_WHAT YOU ARE ASKED TO DO_. For this exercise, repeat the listing below from its first line through the line containing "length-drop k n [] l = omega arith", exactly as written.

BEGIN RECORDS FOR THIS EXERCISE

-- ===== src/Search/Depth/Chunks.antt =====
-- The division of an attempt of _emulate_depth_batch into chunks.
use sts2_training.Base.{
  ◌≡◌, ◌∙◌, refl, ap, ℕ, zero, suc, ◌≤◌, List, [], ◌∷◌, ◌++◌, length, take, drop, take-append-drop,
  arith,
}
use sts2_training.Search.Depth.{Placed, chunks_of}

unfoldable pub concat : {S : Type 0} → List (List (Placed S)) → List (Placed S)
concat [] = []
concat (ps ∷ pss) = ps ++ concat pss

drop_le : {S : Type 0} (k : ℕ) (ps : List (Placed S)) → length (drop k ps) ≤ length ps
drop_le zero ps = omega arith
drop_le (suc k) [] = omega arith
drop_le (suc k) (p ∷ ps) = let h = drop_le k ps in omega arith

length-drop :
    {S : Type 0} (k n : ℕ) (ps : List (Placed S)) → length ps ≤ suc n → length (drop (suc k) ps) ≤ n
length-drop k n [] l = omega arith
length-drop k n (p ∷ ps) l = let h = drop_le k ps in omega arith

pub concat-chunks_of :
    {S : Type 0} (fuel k : ℕ) (ps : List (Placed S))
    → length ps ≤ fuel
    → concat (chunks_of fuel (suc k) ps) ≡ ps
unfolding concat
concat-chunks_of zero k [] l = refl
concat-chunks_of zero k (p ∷ ps) l = elim (absurd (length ps) l) [ ]
  where
    absurd : (n : ℕ) → suc n ≤ 0 → ⊥
    absurd n h = omega arith
concat-chunks_of (suc fuel) k [] l = refl
concat-chunks_of (suc fuel) k (p ∷ ps) l =
    ap (λ xs. take (suc k) (p ∷ ps) ++ xs)
      (concat-chunks_of fuel k (drop (suc k) (p ∷ ps)) (length-drop k fuel (p ∷ ps) l))
    ∙ take-append-drop (suc k) (p ∷ ps)
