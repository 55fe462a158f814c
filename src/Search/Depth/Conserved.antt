-- ===== src/Search/Depth/Conserved.antt =====
-- The items of one attempt of _emulate_depth_batch, the finished and the repeated ones.
use sts2_training.Base.{
  ◌≡◌, refl, sym, ap, subst, inl, inr, ℕ, Bool, true, false, Option, List, [], ◌∷◌, ◌++◌, map,
  Bool-cases,
}
use sts2_training.Json.{Fields, Value, lookup}
use mathlib.Core.List.{Perm, perm_middle}
use mathlib.Core.List.Perm
use sts2_training.Search.Depth.Chunks.{concat}
use sts2_training.Base.Moves.{exchange_append}
use sts2_training.Search.Coverage.{CandidateProposal}
use sts2_training.Search.Frontier.{BeamNode}
use sts2_training.Search.Depth.{
  Reply, answered, rejected, failed, Server, Placed, Depth, Ending, retries, stopped, raised,
  resolves, finish, recover, sort_out, note_created, add_retries, after_reply, with_server,
  emulate_chunk, run_chunks,
}

-- What a repetition does not change of an item.
pub record Core (S : Type 0) : Type 0 where
  pub place : ℕ
  pub parent : BeamNode S
  pub proposal : CandidateProposal
  pub rng_id : ℕ

abbrev pub core : {S : Type 0} → Placed S → Core S
core (place, x) = record {
  place = place;
  parent = x.parent;
  proposal = x.proposal;
  rng_id = x.rng_id;
}

abbrev pub cores : {S : Type 0} → List (Placed S) → List (Core S)
cores ps = map core ps

cores-append : {S : Type 0} (ps qs : List (Placed S)) → cores (ps ++ qs) ≡ cores ps ++ cores qs
cores-append [] qs = refl
cores-append (p ∷ ps) qs = ap (λ xs. core p ∷ xs) (cores-append ps qs)

none_append : {A : Type 0} (ps qs : List A) → ps ≡ [] → qs ≡ [] → ps ++ qs ≡ []
none_append ps qs h k = rw (h, k) refl

module _ {E S : Type 0} where
  -- the items that are done and those that are not
  abbrev pub all : Depth E S → List (Placed S) → List (Core S)
  all d ps = cores d.final_meta ++ cores ps

  finish-all :
      (p : Placed S) (r : Option Value) (ps : List (Placed S)) (d : Depth E S)
      → Perm (all (finish p r d) ps) (all d (p ∷ ps))
  finish-all p r ps d = Perm.symm (perm_middle (cores d.final_meta) (cores ps))

  recover-all :
      (again : Bool) (ps : List (Placed S)) (d : Depth E S) → all (recover again d) ps ≡ all d ps
  recover-all true ps d = refl
  recover-all false ps d = refl

  kept-all :
      (p : Placed S) (qs ps : List (Placed S)) (f d : Depth E S)
      → Perm (all f qs) (all d ps)
      → Perm (all f (p ∷ qs)) (all d (p ∷ ps))
  kept-all p qs ps f d h =
      Perm.trans (perm_middle (cores f.final_meta) (cores qs)) (
        Perm.trans (Perm.cons (core p) h) (Perm.symm (perm_middle (cores d.final_meta) (cores ps))))

  resolved-all :
      (again last : Bool) (results : Fields) (p : Placed S) (ps : List (Placed S)) (d : Depth E S)
      → Perm
          (all
            (sort_out again last results ps
              (recover again (finish p (lookup p.1.branch_id results) d))).1
            (sort_out again last results ps
              (recover again (finish p (lookup p.1.branch_id results) d))).0)
          (all (recover again (finish p (lookup p.1.branch_id results) d)) ps)
      → Perm
          (all
            (sort_out again last results ps
              (recover again (finish p (lookup p.1.branch_id results) d))).1
            (sort_out again last results ps
              (recover again (finish p (lookup p.1.branch_id results) d))).0)
          (all d (p ∷ ps))
  resolved-all again last results p ps d h =
      let r = lookup p.1.branch_id results in
      Perm.trans h (
        subst (λ xs. Perm xs (all d (p ∷ ps))) (sym (recover-all again ps (finish p r d)))
          (finish-all p r ps d))

  sort_out-all :
      (again last : Bool) (results : Fields) (ps : List (Placed S)) (d : Depth E S)
      → Perm
          (all (sort_out again last results ps d).1 (sort_out again last results ps d).0)
          (all d ps)
  sort_out-all again last results [] d = Perm.rfl
  sort_out-all again true results (p ∷ ps) d =
      let r = lookup p.1.branch_id results in
      elim (Bool-cases (resolves (lookup p.1.branch_id results))) [
        | inl h ↦
            rw h (resolved-all again true results p ps d (sort_out-all again true results ps _))
        | inr h ↦
            rw h
              (Perm.trans (sort_out-all again true results ps (finish p r d)) (finish-all p r ps d))
      ]
  sort_out-all again false results (p ∷ ps) d =
      elim (Bool-cases (resolves (lookup p.1.branch_id results))) [
        | inl h ↦
            rw h (resolved-all again false results p ps d (sort_out-all again false results ps _))
        | inr h ↦ rw h (
            kept-all p (sort_out again false results ps d).0 ps
              (sort_out again false results ps d).1 d (sort_out-all again false results ps d))
      ]

  -- The last attempt repeats nothing.
  sort_out-last :
      (again : Bool) (results : Fields) (ps : List (Placed S)) (d : Depth E S)
      → (sort_out again true results ps d).0 ≡ []
  sort_out-last again results [] d = refl
  sort_out-last again results (p ∷ ps) d =
      elim (Bool-cases (resolves (lookup p.1.branch_id results))) [
        | inl h ↦ rw h (sort_out-last again results ps _)
        | inr h ↦ rw h (sort_out-last again results ps _)
      ]

  -- The chunks that end with items to repeat have lost none of their items.
  abbrev pub Keeps : Bool → List (Placed S) → Depth E S → Ending S × Depth E S → Type 0
  Keeps last ps d (retries qs, f) = Perm (all f qs) (all d ps) × ((last ≡ true) → qs ≡ [])
  Keeps last ps d (stopped reason, f) = Unit
  Keeps last ps d (raised e, f) = Unit

  Keeps-add_retries :
      (last : Bool) (ps chunk rest : List (Placed S)) (d f : Depth E S) (r : Ending S × Depth E S)
      → Perm (all f ps) (all d chunk)
      → ((last ≡ true) → ps ≡ [])
      → Keeps last rest f r
      → Keeps last (chunk ++ rest) d (add_retries ps r)
  Keeps-add_retries last ps chunk rest d f (retries qs, g) h n k = (
    rw (cores-append ps qs, cores-append chunk rest)
        (exchange_append (cores g.final_meta) (cores qs) (cores ps) (cores rest)
          (cores f.final_meta) (cores chunk) (cores d.final_meta) h k.0),
    λ e. none_append ps qs (n e) (k.1 e),
  )
  Keeps-add_retries last ps chunk rest d f (stopped reason, g) h n k = tt
  Keeps-add_retries last ps chunk rest d f (raised e, g) h n k = tt

  Keeps-after_reply :
      (again last : Bool) (chunk later : List (Placed S)) (rest : Depth E S → Ending S × Depth E S)
      (reply : Reply) (d : Depth E S)
      → ((f : Depth E S) → Keeps last later f (rest f))
      → Keeps last (chunk ++ later) d (after_reply again last chunk rest reply d)
  Keeps-after_reply again last chunk later rest (failed e) d k = tt
  Keeps-after_reply again last chunk later rest (rejected true e detail) d k = tt
  Keeps-after_reply again last chunk later rest (rejected false e detail) d k = tt
  Keeps-after_reply again last chunk later rest (answered results) d k =
      let r = sort_out again last results chunk (note_created chunk d) in
      Keeps-add_retries last r.0 chunk later d r.1 (rest r.1)
        (sort_out-all again last results chunk (note_created chunk d))
        (λ e.
          subst (λ b. (sort_out again b results chunk (note_created chunk d)).0 ≡ []) (sym e)
            (sort_out-last again results chunk (note_created chunk d)))
        (k r.1)

  module _ (server : Server E) where
    Keeps-emulate_chunk :
        (again last : Bool) (chunk later : List (Placed S))
        (rest : Depth E S → Ending S × Depth E S) (timely : Bool) (d : Depth E S)
        → ((f : Depth E S) → Keeps last later f (rest f))
        → Keeps last (chunk ++ later) d (emulate_chunk server again last chunk rest timely d)
    Keeps-emulate_chunk again last chunk later rest false d k = tt
    Keeps-emulate_chunk again last chunk later rest true d k =
        let r = server.emulate d.server (map (λ p. p.1.payload) chunk) in
        Keeps-after_reply again last chunk later rest r.0 (with_server r.1 d) k

    pub Keeps-run_chunks :
        (again last : Bool) (chunks : List (List (Placed S))) (d : Depth E S)
        → Keeps last (concat chunks) d (run_chunks server again last chunks d)
    unfolding concat
    Keeps-run_chunks again last [] d = (Perm.rfl, λ e. refl)
    Keeps-run_chunks again last (chunk ∷ chunks) d =
        let r = server.in_time d.server in
        Keeps-emulate_chunk again last chunk (concat chunks) (run_chunks server again last chunks)
          r.0 (with_server r.1 d) (Keeps-run_chunks again last chunks)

END RECORDS FOR THIS EXERCISE

_EXPECTED ANSWER_.
-- ===== src/Search/Depth/Chunks.antt =====
-- The division of an attempt of _emulate_depth_batch into chunks.
use sts2_training.Base.{
  ◌≡◌, ◌∙◌, refl, ap, ℕ, zero, suc, ◌≤◌, List, [], ◌∷◌, ◌++◌, length, take, drop, take-append-drop,
  arith,
}
use sts2_training.Search.Depth.{Placed, chunks_of}

unfoldable pub concat : {S : Type 0} → List (List (Placed S)) → List (Placed S)
concat [] = []
concat (ps ∷ pss) = ps ++ concat pss

drop_le : {S : Type 0} (k : ℕ) (ps : List (Placed S)) → length (drop k ps) ≤ length ps
drop_le zero ps = omega arith
drop_le (suc k) [] = omega arith
drop_le (suc k) (p ∷ ps) = let h = drop_le k ps in omega arith

length-drop :
    {S : Type 0} (k n : ℕ) (ps : List (Placed S)) → length ps ≤ suc n → length (drop (suc k) ps) ≤ n
length-drop k n [] l = omega arith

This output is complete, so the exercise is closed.